The situation is still quite fluid. In fact, one of the evicted homeless, a 60-year-old male person died frozen at night on the street. According to a companion homeless he had moved to Shibuya a few days before and when he was removed from the station did not know where to go and loitering around died where he tried to sleep. That was what was feared it might happen. “Homeless on the move” are continually ejected from all places and, totally unaware, die a beggar. Since they are not under a tent or a carton box go around unnoticed and give the impression that this homelessness has been solved, but in reality the tragedy goes on unsolved.
*Homelessness is a Structural Issue
Last December Tokyo Municipal City stated that will start in April of 2008 a new Program for those unstable workers that lost their homes. What do officials mean by that? The normal interpretation would be homeless people, as far as I can understand. Tokyo officials give the following definition: “By unstable workers that have lost their homes it is meant those staying in Internet cafe or similar shops with comics that go from there to unstable jobs.” Homeless barely seem to differ from those. But, such people in the West are literally counted as homeless. Thus, Japan, in contrast to the West, releases quite small numbers of homeless people, based on the above official definition. Such statements are just pure lies. On the opposite, compared to other industrial countries’ major cities, there is no city in the world that has as many people living in the street as Tokyo City. In case Tokyo officials were to explain the new Program to be implemented from April 2008 what explanation will they give? Will they be saying that people to be covered by that Program are not homeless?

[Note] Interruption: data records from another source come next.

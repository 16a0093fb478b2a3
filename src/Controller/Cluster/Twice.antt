-- ===== src/Controller/Cluster/Twice.antt =====
-- An object that ensureResource has written is left as it is by the next reconciliation.
use application_controller.Common.{
  String, Bool, true, false, not, ◌&&◌, Option, none, some, ◌∷◌, ◌==◌, beq_refl, ◌≡◌, refl, sym,
  ◌∙◌, ap, subst, inl, inr, Option-cases, Bool-cases, if_true, if_false,
}
use application_controller.Errors.{Result, ok}
use application_controller.Kube.{NamespacedName, name_eq, Kind, Object}
use application_controller.Api.{Application}
use application_controller.Controller.Ownership.{is_object_owned_by}
use application_controller.Controller.State.{
  fail, get, upsert, OperationResult, created, updated, unchanged, Client, Library, M, State, pure,
  lift, call,
}
use application_controller.Controller.State.Steps.{
  if-true, then_call, bind-ok, bind-attempt, bind-call, bind-eventf,
}
use application_controller.Controller.Resource.{
  EventMap, about, fetch, found_or, set_owner, set_name, create_or_patch, report, upserted,
  upsert_resource, ensure_resource,
}
use application_controller.Controller.Resource.Branches.{fetch-found_or, fetched-act}
use application_controller.Controller.Resource.Committed.{act-upsert_resource}
use application_controller.Controller.Cluster.{
  Objects, name_of, as_kind, stored, or_given, Serves, written,
}

-- The states hold the same objects.
abbrev pub Same : {F : Type 0} → Objects → State F → State F → Type 0
Same initial s t =
    (j : Kind) (n : NamespacedName) → stored initial s.history j n ≡ stored initial t.history j n

as_kind_self : (j : Kind) (o : Object j) → as_kind j j o ≡ some o
as_kind_self Kind.service_account o = refl
as_kind_self Kind.role_binding o = refl
as_kind_self Kind.cluster_role_binding o = refl
as_kind_self Kind.service o = refl
as_kind_self Kind.pod_monitor o = refl
as_kind_self Kind.ingress_route o = refl
as_kind_self Kind.deployment o = refl
as_kind_self Kind.cron_job o = refl

written_idem :
    (j : Kind) (n : NamespacedName) (o before : Option (Object j))
    → written j n o (written j n o before) ≡ written j n o before
unfolding written
written_idem j n none before = refl
written_idem j n (some o) before = elim (Bool-cases (name_of j o == n)) [
  | inl same ↦ if_true _ _ _ same ∙ sym (if_true _ _ _ same)
  | inr other ↦ if_false _ _ _ other
]

module _ {F : Type 0} (library : Library) (client : Client) (initial : Objects)
    (serves : Serves client initial) (app : Application) (name : NamespacedName) (k : Kind)
    (mutate : Object k → Result (Object k)) where
  abbrev pub mutate_fn : Object k → M F (Object k)
  mutate_fn o = lift (mutate o)

  upserted-ok :
      (what : String) (events : EventMap) (result : OperationResult) (w : Object k) (s : State F)
      → (t : State F) × (upserted library client k what events (ok (result, w)) s ≡ (ok w, t))
        × Same initial t s
  unfolding upserted report pure stored
  upserted-ok what events created w s = (_, bind-eventf _ _ _ s, λ j n. refl)
  upserted-ok what events updated w s = (_, bind-eventf _ _ _ s, λ j n. refl)
  upserted-ok what events unchanged w s =
      (s, bind-ok (pure tt) (λ _. pure w) s s tt refl, λ j n. refl)

  create_or_patch-ok :
      (o x y w : Object k) (s : State F)
      → or_given k (set_name name k o) (stored initial s.history k name) ≡ x
      → mutate x ≡ ok y
      → set_owner library app name k y ≡ ok w
      → (result : OperationResult) × (create_or_patch library client app name k
            (set_name name k o)
            mutate_fn
            s
          ≡ (ok (result, w), then_call (upsert k w) (then_call (get k name) s)))
  unfolding create_or_patch lift call
  create_or_patch-ok o x y w s reads made owned =
      let s1 = then_call (get k name) s in
      let (result, accepted) = serves.accepts s1.history k w in
      (
        result,
        bind-call (get k name) _ _ s x (serves.hands s.history k (set_name name k o) ∙ ap ok reads)
            ∙ bind-ok (mutate_fn x) _ s1 s1 y (ap (λ r. (r, s1)) made)
            ∙ bind-ok (lift (set_owner library app name k y)) _ s1 s1 w (ap (λ r. (r, s1)) owned)
            ∙ ap (λ r. (r, then_call (upsert k w) s1)) accepted,
      )

  -- What the write of `w` leaves, besides what was there.
  abbrev pub Wrote : Object k → State F → State F → Type 0
  Wrote w s t =
      (j : Kind) (n : NamespacedName)
      → stored initial t.history j n ≡ stored initial (upsert k w ∷ s.history) j n

  upsert_resource-ok :
      (o x y w : Object k) (what : String) (events : EventMap) (s : State F)
      → or_given k (set_name name k o) (stored initial s.history k name) ≡ x
      → mutate x ≡ ok y
      → set_owner library app name k y ≡ ok w
      → (t : State F) × (upsert_resource library client app name k o mutate_fn what events s
          ≡ (ok w, t))
        × Wrote w s t
  unfolding upsert_resource stored
  upsert_resource-ok o x y w what events s reads made owned =
      let attempted = create_or_patch library client app name k (set_name name k o) mutate_fn in
      let (result, ran) = create_or_patch-ok o x y w s reads made owned in
      let s2 = then_call (upsert k w) (then_call (get k name) s) in
      let (t, upserts, same) = upserted-ok what events result w s2 in
      (
        t,
        bind-attempt attempted (upserted library client k what events) s
            ∙ ap
                (λ (p : Result (OperationResult × Object k) × State F).
                  upserted library client k what events p.0 p.1)
                ran
            ∙ upserts,
        same,
      )

  module _ (obj : Object k) (events : EventMap) (gvk : String)
      (known : library.gvk_for_object k ≡ ok gvk) where
    abbrev pub ensure : M F (Object k)
    ensure = ensure_resource library client app name k obj mutate_fn events

    acts :
        (found : Bool) (o x y w : Object k) (s : State F)
        → (found && not (is_object_owned_by library k o.meta app)) ≡ false
        → fetch library client k name obj s ≡ (ok (found, o), then_call (get k name) s)
        → or_given k (set_name name k o) (stored initial s.history k name) ≡ x
        → mutate x ≡ ok y
        → set_owner library app name k y ≡ ok w
        → (t : State F) × (ensure s ≡ (ok w, t)) × Wrote w s t
    unfolding ensure_resource stored
    acts found o x y w s allowed fetched reads made owned =
        let (t, upserts, wrote) =
          upsert_resource-ok o x y w (about "" gvk (library.name_string name)) events
            (then_call (get k name) s) reads made owned in
        (
          t,
          fetched-act library client app k name obj mutate_fn true events gvk s
                (then_call (get k name) s) found o known fetched
              ∙ act-upsert_resource library client app name k mutate_fn gvk events found o
                  (then_call (get k name) s) allowed
              ∙ upserts,
          wrote,
        )

    -- If the stored object, where there is one, is owned, and the mutate function and the ownership
    -- make `w` of it, or of the given object under the name, then `w` is written.
    ensure-Wrote :
        (y w : Object k) (s : State F)
        → ((o : Object k)
            → stored initial s.history k name ≡ some o
            → is_object_owned_by library k o.meta app ≡ true)
        → mutate (or_given k (set_name name k obj) (stored initial s.history k name)) ≡ ok y
        → set_owner library app name k y ≡ ok w
        → (t : State F) × (ensure s ≡ (ok w, t)) × Wrote w s t
    unfolding found_or pure
    ensure-Wrote y w s rightful made owned = elim (Option-cases (stored initial s.history k name)) [
      | inl absent ↦
          let (e, missed, not_found) = serves.misses s.history k name absent in
          acts false obj _ y w s refl
            (fetch-found_or library client app k name obj s
              ∙ ap (λ r. found_or library client k obj r (then_call (get k name) s)) missed
              ∙ if-true (client.is_not_found e) (pure (false, obj)) (fail e)
                  (then_call (get k name) s) not_found)
            refl made owned
      | inr (o, held) ↦
          acts true o _ y w s (ap not (rightful o held))
            (fetch-found_or library client app k name obj s
              ∙ ap (λ r. found_or library client k obj r (then_call (get k name) s))
                  (serves.finds s.history k name o held))
            (ap (or_given k (set_name name k o)) held
              ∙ sym (ap (or_given k (set_name name k obj)) held))
            made owned
    ]

    stored-Wrote :
        (w : Object k) (s t : State F)
        → name_of k w ≡ name
        → Wrote w s t
        → stored initial t.history k name ≡ some w
    unfolding stored written
    stored-Wrote w s t named wrote =
        wrote k name
        ∙ ap (λ o. written k name o (stored initial s.history k name)) (as_kind_self k w)
        ∙ if_true _ _ _ (subst (λ n. (name_of k w == n) ≡ true) named (beq_refl (name_of k w)))

    Wrote-Same : (w : Object k) (s t u : State F) → Wrote w s t → Wrote w t u → Same initial u t
    unfolding stored
    Wrote-Same w s t u first second j n =
        let c = as_kind k j w in
        second j n
        ∙ ap (written j n c) (first j n)
        ∙ written_idem j n c (stored initial s.history j n)
        ∙ sym (first j n)

    -- If the stored object under the name, where there is one, is owned, the mutate function and the
    -- ownership make `w` of it, or of the given object, and they make `w` of `w`, which is owned and
    -- has the name, then ensureResource writes `w`, and doing it again changes nothing in the cluster.
    pub ensure_resource-Same :
        (y w : Object k) (s : State F)
        → ((o : Object k)
            → stored initial s.history k name ≡ some o
            → is_object_owned_by library k o.meta app ≡ true)
        → mutate (or_given k (set_name name k obj) (stored initial s.history k name)) ≡ ok y
        → set_owner library app name k y ≡ ok w
        → name_of k w ≡ name
        → is_object_owned_by library k w.meta app ≡ true
        → mutate w ≡ ok w
        → set_owner library app name k w ≡ ok w
        → (t : State F) × (u : State F) × (ensure s ≡ (ok w, t))
          × (stored initial t.history k name ≡ some w)
          × (ensure t ≡ (ok w, u))
          × Same initial u t
    ensure_resource-Same y w s rightful made owned named own settled kept =
        let (t, first, wrote) = ensure-Wrote y w s rightful made owned in
        let held = stored-Wrote w s t named wrote in
        let (u, second, again) =
          ensure-Wrote w w t
            (λ o other.
              let same : w ≡ o = some_injective (sym held ∙ other) in
              subst (λ (x : Object k). is_object_owned_by library k x.meta app ≡ true) same own)
            (ap (λ o. mutate (or_given k (set_name name k obj) o)) held ∙ settled) kept in
        (t, u, first, held, second, Wrote-Same w s t u wrote again)
      where
        some_injective : {a b : Object k} → some a ≡ some b → a ≡ b
        some_injective e = cc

Since they stick to a narrow definition of homelessness limiting it to people living in the street, tacitly try to spread around the message that “homelessness has not any structural background; it is just an issue affecting only some special people.” Homelessness is the result of “poverty” that includes unemployment and labor problems, it is an issue of social structures. There is no basic difference between homeless people and “net cafe” displaced persons.
As a result of a problematic revision of legislation concerning the dispatch of workers to other companies, work environment has reached very low levels and the actual numbers of non-regular workers, a majority of them young, has exceeded 16 million. Most of them are underpaid and living in an unstable situation. The problems are not visible yet, because people think that “they are still young and have families supporting them,” but if they remain single and grow of age, nobody could know what would happen to them. During the 90s, former daily workers that were of old age already had to get out from labor shelters to live in the streets and the same situation is getting now more serious. Would I be mistaken to entertain such fear? The visible trends of new liberalism started to be felt after 1998 and the rapid increase in suicide cases are, by no means, unrelated. Poverty is spreading out. Poverty drives people to the streets or to commit suicide. People cannot survive! More than half of young people have been pushed down to a social system where there is no hope to hold a stable regular job. Thus, they do not see any future.